Date of report (Date of earliest event reported): July 7, 2006
Lifetime Brands, Inc.
(Exact Name of Registrant as Specified in Its Charter)
Delaware
(State or Other Jurisdiction of Incorporation)
0-19254 (Commission File Number) |
11-2682486 (IRS Employer Identification No.) |
One Merrick Avenue,
Westbury, New York, 11590
(Address of Principal
Executive Offices)(Zip Code)
(Registrants Telephone Number, Including Area Code) 516-683-6000
(Former Name or Former Address, if Changed Since Last Report) N/A
Check the appropriate box below if the Form 8-K filing is intended to simultaneously satisfy the filing obligation of the registrant under any of the following provisions (see General Instruction A.2. below):
Written communications pursuant to Rule 425 under the Securities Act (17 CFR 230.425)
Soliciting material pursuant to Rule 14a-12 under the Exchange Act (17 CFR 240.14a-12)
Pre-commencement communications pursuant to Rule 14d-2(b) under the Exchange Act (17 CFR 240.14d-2(b))
Pre-commencement communications pursuant to Rule 13e-4(c) under the Exchange Act (17 CFR 240.13e-4(c))

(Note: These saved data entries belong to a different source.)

-- ===== src/Transport/Assembly/Collect.antt =====
-- The sections of a table as a partial map by number: lookup, insertion, and the collection of a
-- whole range.
use mathlib.Core.Path.{subst}
use libaribtlv.Transport.Assembly.{find, store, all_present}
use libaribtlv.Base.{
  ℕ, zero, suc, ◌+◌, ◌≤◌, ◌<◌, ◌≡◌, refl, sym, ap, ◌∙◌, true, false, Bool-cases, inl, inr, Option,
  none, some, List, [], ◌∷◌, ltb, ◌==◌, ==_iff, if◌then◌else◌, length, Option-cases, arith, if_both,
  if_with,
}

later : (a b : ℕ) → a ≤ b → (a == b) ≡ false → suc a ≤ b
later a b h e = ground arith

not_equal : (a b : ℕ) → a < b → (a == b) ≡ false
not_equal a b h = ground arith

module _ {S : Type 0} where
  -- The numbers rise, from `low` on, and stay below `high`.
  abbrev pub Above : ℕ → List (ℕ × S) → Type 0
  Above low [] = Unit
  Above low ((k, s) ∷ rest) = (low ≤ k) × Above (suc k) rest

  abbrev pub Below : ℕ → List (ℕ × S) → Type 0
  Below high [] = Unit
  Below high ((k, s) ∷ rest) = (k < high) × Below high rest

  -- The map that the specification keeps.
  abbrev pub updated : (ℕ → Option S) → ℕ → S → ℕ → Option S
  updated f number s n = if n == number then some s else f n

  abbrev pub cons_if : ℕ → Option S → Option (List (ℕ × S)) → Option (List (ℕ × S))
  cons_if n none r = none
  cons_if n (some s) none = none
  cons_if n (some s) (some r) = some ((n, s) ∷ r)

  -- Every number of the range with its section, or nothing.
  unfoldable pub gather : (ℕ → Option S) → ℕ → ℕ → Option (List (ℕ × S))
  gather f number zero = some []
  gather f number (suc count) = cons_if number (f number) (gather f (number + 1) count)

  pub find-store :
      (n k : ℕ) (s : S) (xs : List (ℕ × S)) → find n (store k s xs) ≡ updated (λ i. find i xs) k s n
  unfolding find store
  find-store n k s [] = refl
  find-store n k s ((j, t) ∷ rest) =
      let e = find-store n k s rest in
      elim (Bool-cases (ltb k j)) [
        | inl y ↦ rw y refl
        | inr y ↦ rw y (elim (Bool-cases (k == j)) [
          | inl z ↦ rw z (ground arith)
          | inr z ↦ rw z (rw e (ground arith))
        ])
      ]

  pub store-Above :
      (low k : ℕ) (s : S) (xs : List (ℕ × S)) → low ≤ k → Above low xs → Above low (store k s xs)
  unfolding store
  store-Above low k s [] h a = (h, tt)
  store-Above low k s ((j, t) ∷ rest) h a =
      if_with (Above low) (ltb k j) (λ y. (h, (ground arith, a.1)))
        (λ n.
          if_with (Above low) (k == j)
            (λ y. (
              h,
              (let same : k ≡ j = (==_iff k j).0 y in
                  subst (λ i. Above (suc i) rest) (sym same) a.1),
            ))
            (λ m. (a.0, store-Above (suc j) k s rest (ground arith) a.1)))

  pub store-Below :
      (high k : ℕ) (s : S) (xs : List (ℕ × S))
      → k < high
      → Below high xs
      → Below high (store k s xs)
  unfolding store
  store-Below high k s [] h a = (h, tt)
  store-Below high k s ((j, t) ∷ rest) h a =
      if_both (Below high) (ltb k j) (h, a)
        (if_both (Below high) (k == j) (h, a.1) (a.0, store-Below high k s rest h a.1))

  find-absent : (n low : ℕ) (xs : List (ℕ × S)) → n < low → Above low xs → find n xs ≡ none
  unfolding find
  find-absent n low [] h a = refl
  find-absent n low ((k, s) ∷ rest) h a =
      rw (not_equal n k (omega (arith, a.0))) (find-absent n (suc k) rest (omega (arith, a.0)) a.1)

  pub gather-agree :
      (f g : ℕ → Option S) (number count : ℕ)
      → ((n : ℕ) → f n ≡ g n)
      → gather f number count ≡ gather g number count
  unfolding gather
  gather-agree f g number zero h = refl
  gather-agree f g number (suc count) h =
      rw (h number) (rw (gather-agree f g (number + 1) count h) refl)

  find-beyond :
      (n k : ℕ) (s : S) (rest : List (ℕ × S)) → k < n → find n ((k, s) ∷ rest) ≡ find n rest
  unfolding find
  find-beyond n k s rest h = ground arith

  abbrev gathered : Option (List (ℕ × S)) → ℕ
  gathered none = 0
  gathered (some xs) = length xs

  pub gather-length :
      (f : ℕ → Option S) (number count : ℕ) (xs : List (ℕ × S))
      → gather f number count ≡ some xs
      → length xs ≡ count
  unfolding gather
  gather-length f number zero xs h = sym (ap gathered h)
  gather-length f number (suc count) xs h = elim (Option-cases (f number)) [
    | inl e ↦ cc (rw e at h)
    | inr (s, e) ↦ elim (Option-cases (gather f (number + 1) count)) [
      | inl i ↦ cc (rw e at (rw i at h))
      | inr (ys, i) ↦
          let joined : some ((number, s) ∷ ys) ≡ some xs = rw e at (rw i at h) in
          omega (arith, ap gathered joined, gather-length f (number + 1) count ys i)
    ]
  ]

  -- A rising list that has every number of the range, and no other, is what the range gathers.
  pub present-gather :
      (ys : List (ℕ × S)) (number count : ℕ) (xs : List (ℕ × S))
      → ((n : ℕ) → number ≤ n → find n ys ≡ find n xs)
      → Above number xs
      → Below (number + count) xs
      → all_present number count ys ≡ true
      → gather (λ n. find n ys) number count ≡ some xs
  unfolding gather all_present find
  present-gather ys number zero [] g a b h = refl
  present-gather ys number zero ((k, s) ∷ rest) g a b h = absurd (omega (arith, a.0, b.0))
  present-gather ys number (suc count) [] g a b h =
      let bad : false ≡ true = rw (g number (omega arith)) at h in cc bad
  present-gather ys number (suc count) ((k, s) ∷ rest) g a b h = elim (Bool-cases (number == k)) [
    | inl e ↦
        let same : number ≡ k = (==_iff number k).0 e in
        let here : find number ys ≡ some s = g number (omega arith) ∙ (rw e refl) in
        let others =
          present-gather ys (number + 1) count rest
            (λ n l. g n (omega arith) ∙ find-beyond n k s rest (omega (arith, same)))
            (subst (λ i. Above i rest) (let i : suc k ≡ number + 1 = omega (arith, same) in i) a.1)
            (subst (λ i. Below i rest)
              (let i : number + suc count ≡ number + 1 + count = omega arith in i) b.1)
            (rw here at h) in
        rw here (rw others (rw same refl))
    | inr e ↦
        let missing : find number ys ≡ none =
          g number (omega arith)
          ∙ find-absent number (suc number) ((k, s) ∷ rest) (omega arith)
              (later number k a.0 e, a.1) in
        let bad : false ≡ true = rw missing at h in cc bad
  ]

  pub absent-gather :
      (number count : ℕ) (xs : List (ℕ × S))
      → all_present number count xs ≡ false
      → gather (λ n. find n xs) number count ≡ none
  unfolding gather all_present
  absent-gather number zero xs h = cc h
  absent-gather number (suc count) xs h = elim (Option-cases (find number xs)) [
    | inl e ↦ rw e refl
    | inr (s, e) ↦ rw e (rw (absent-gather (number + 1) count xs (rw e at h)) refl)
  ]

On July 7, 2006, Lifetime Brands, Inc. (the Company) signed an agreement to acquire certain assets comprising the WearEver cookware and bakeware businesses of Global Home Products LLC (Global).
WearEver is a leading supplier of cookware, bakeware and other accessories sold under the WearEver®, Mirro®, Regal®, AirBake® and Cushion Air® brand names.
Global and certain of its affiliates, including certain of the companies that make up the WearEver business, filed for bankruptcy protection in April 2006. The agreement provides that Lifetime will purchase the assets pursuant to Section 363 of the United States Bankruptcy Code. The transaction is subject to a number of conditions, including completion of an auction process and bankruptcy court approval.
The terms and conditions of the agreement are set forth in the Asset Purchase Agreement filed as exhibit 99.1 to this Form 8-K.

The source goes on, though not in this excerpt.